- Opening Delimiter -

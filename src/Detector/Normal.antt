-- ===== src/Detector/Normal.antt =====
-- `normalize` of src/detector.rs: the characters that it cuts the source into begin and end at
-- boundaries.
use agent_veil.Detector.Decode.{chars, push_byte, is_continuation, is_invisible_control}
use agent_veil.Detector.Located.{
  IsLocated, IsLocatedOutput, append-IsLocated, IsLocatedView,
  remove_structural_continuations-IsLocated,
}
use agent_veil.Detector.View.{normalize_chars, normalize}
use agent_veil.Engine.Slice.{is_char_boundary}
use agent_veil.Prelude.{
  ℕ, ◌+◌, ◌<◌, ◌≡◌, refl, ap, ◌∙◌, Text, Bool, true, not, List, [], ◌∷◌, ◌++◌, length,
  length-append, arith, Bool-cases, append_assoc, inl, inr, subst₂, subst, Ensures,
}

-- The text of a list of characters.
concat : List Text → Text
concat [] = []
concat (c ∷ cs) = c ++ concat cs

-- The text is empty or begins with a byte that is not inside a character.
abbrev is_fresh : Text → Bool
is_fresh [] = true
is_fresh (b ∷ s) = not (is_continuation b)

-- No character is empty, and behind each of them another one begins.
abbrev IsSplit : List Text → Type 0
IsSplit [] = Unit
IsSplit (c ∷ cs) = (0 < length c) × (is_fresh (concat cs) ≡ true) × IsSplit cs

concat-push_byte :
    (b : ℕ) (s : Text) (cs : List Text) → concat cs ≡ s → concat (push_byte b s cs) ≡ b ∷ s
unfolding push_byte concat
concat-push_byte b [] cs h = ap (λ t. b ∷ t) h
concat-push_byte b (a ∷ s) [] h = cc
concat-push_byte b (a ∷ s) (c ∷ cs) h = elim (Bool-cases (is_continuation a)) [
  | inl t ↦ rw t (ap (λ t. b ∷ t) h)
  | inr f ↦ rw f (ap (λ t. b ∷ t) h)
]

concat-chars : (s : Text) → concat (chars s) ≡ s
unfolding chars concat
concat-chars [] = refl
concat-chars (b ∷ s) = concat-push_byte b s (chars s) (concat-chars s)

push_byte-IsSplit :
    (b : ℕ) (s : Text) (cs : List Text) → concat cs ≡ s → IsSplit cs → IsSplit (push_byte b s cs)
unfolding push_byte concat
push_byte-IsSplit b [] cs h k = (omega arith, rw h refl, k)
push_byte-IsSplit b (a ∷ s) [] h k = (omega arith, refl, tt)
push_byte-IsSplit b (a ∷ s) (c ∷ cs) h k = elim (Bool-cases (is_continuation a)) [
  | inl t ↦ rw t ((omega arith, k.1, k.2))
  | inr f ↦ rw f ((omega arith, rw h (rw f refl), k))
]

chars-IsSplit : (s : Text) → IsSplit (chars s)
unfolding chars
chars-IsSplit [] = tt
chars-IsSplit (b ∷ s) = push_byte-IsSplit b s (chars s) (concat-chars s) (chars-IsSplit s)

-- Behind any bytes, a fresh rest begins at a boundary.
is_char_boundary-append :
    (s rest : Text) → is_fresh rest ≡ true → is_char_boundary (s ++ rest) (length s) ≡ true
unfolding is_char_boundary is_continuation
is_char_boundary-append [] rest h = refl
is_char_boundary-append (a ∷ []) [] h = refl
is_char_boundary-append (a ∷ []) (b ∷ rest) h = h
is_char_boundary-append (a ∷ b ∷ s) rest h = is_char_boundary-append (b ∷ s) rest h

-- A character that stands at a boundary ends at one.
ends_at_boundary :
    (before c rest source : Text)
    → before ++ (c ++ rest) ≡ source
    → is_fresh rest ≡ true
    → is_char_boundary source (length before + length c) ≡ true
ends_at_boundary before c rest source h after =
    subst₂ (λ s n. is_char_boundary s n ≡ true) (append_assoc before c rest ∙ h)
      (length-append before c) (is_char_boundary-append (before ++ c) rest after)

character-IsLocated :
    (before c rest source : Text)
    → before ++ (c ++ rest) ≡ source
    → 0 < length c
    → is_char_boundary source (length before) ≡ true
    → is_fresh rest ≡ true
    → IsLocated source (record { start = length before; end = length before + length c })
character-IsLocated before c rest source h p at after = record {
  not_empty = omega arith;
  inside = omega (arith, length-append before (c ++ rest), length-append c rest, ap length h);
  starts = at;
  ends = ends_at_boundary before c rest source h after;
}

module _ (nfkc : Text → Text) {source : Text} where
  normalize_chars-IsLocated :
      (cs : List Text) (before : Text)
      → before ++ concat cs ≡ source
      → is_char_boundary source (length before) ≡ true
      → IsSplit cs
      → IsLocatedOutput source (normalize_chars nfkc (length before) cs)
  unfolding concat normalize_chars
  normalize_chars-IsLocated [] before h at k = tt
  normalize_chars-IsLocated (c ∷ cs) before h at k =
      let ends = ends_at_boundary before c (concat cs) source h k.1 in
      let later =
        subst (λ n. IsLocatedOutput source (normalize_chars nfkc n cs)) (length-append before c)
          (normalize_chars-IsLocated cs (before ++ c) (append_assoc before c (concat cs) ∙ h)
            (rw (length-append before c) ends) k.2) in
      let located = character-IsLocated before c (concat cs) source h k.0 at k.1 in
      elim (Bool-cases (is_invisible_control c)) [
        | inl t ↦ rw (normalize_chars, t) later
        | inr f ↦ rw (normalize_chars, f) (append-IsLocated (nfkc c) _ _ located later)
      ]

pub normalize-IsLocated :
    (nfkc : Text → Text) (source : Text) → Ensures (IsLocatedView source) (normalize nfkc source)
unfolding normalize is_char_boundary
normalize-IsLocated nfkc source = remove_structural_continuations-IsLocated _ (
    normalize_chars-IsLocated nfkc (chars source) [] (concat-chars source) refl
      (chars-IsSplit source))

- Closing Delimiter -

| PROMPT |
Beginning at the line containing "subst (λ n.", output exactly each line up to and including the last line of the material above.

| COMPLETED TASK |
        subst (λ n. IsLocatedOutput source (normalize_chars nfkc n cs)) (length-append before c)
          (normalize_chars-IsLocated cs (before ++ c) (append_assoc before c (concat cs) ∙ h)
            (rw (length-append before c) ends) k.2) in
      let located = character-IsLocated before c (concat cs) source h k.0 at k.1 in
      elim (Bool-cases (is_invisible_control c)) [
        | inl t ↦ rw (normalize_chars, t) later
        | inr f ↦ rw (normalize_chars, f) (append-IsLocated (nfkc c) _ _ located later)
      ]

pub normalize-IsLocated :
    (nfkc : Text → Text) (source : Text) → Ensures (IsLocatedView source) (normalize nfkc source)
unfolding normalize is_char_boundary
normalize-IsLocated nfkc source = remove_structural_continuations-IsLocated _ (
    normalize_chars-IsLocated nfkc (chars source) [] (concat-chars source) refl
      (chars-IsSplit source))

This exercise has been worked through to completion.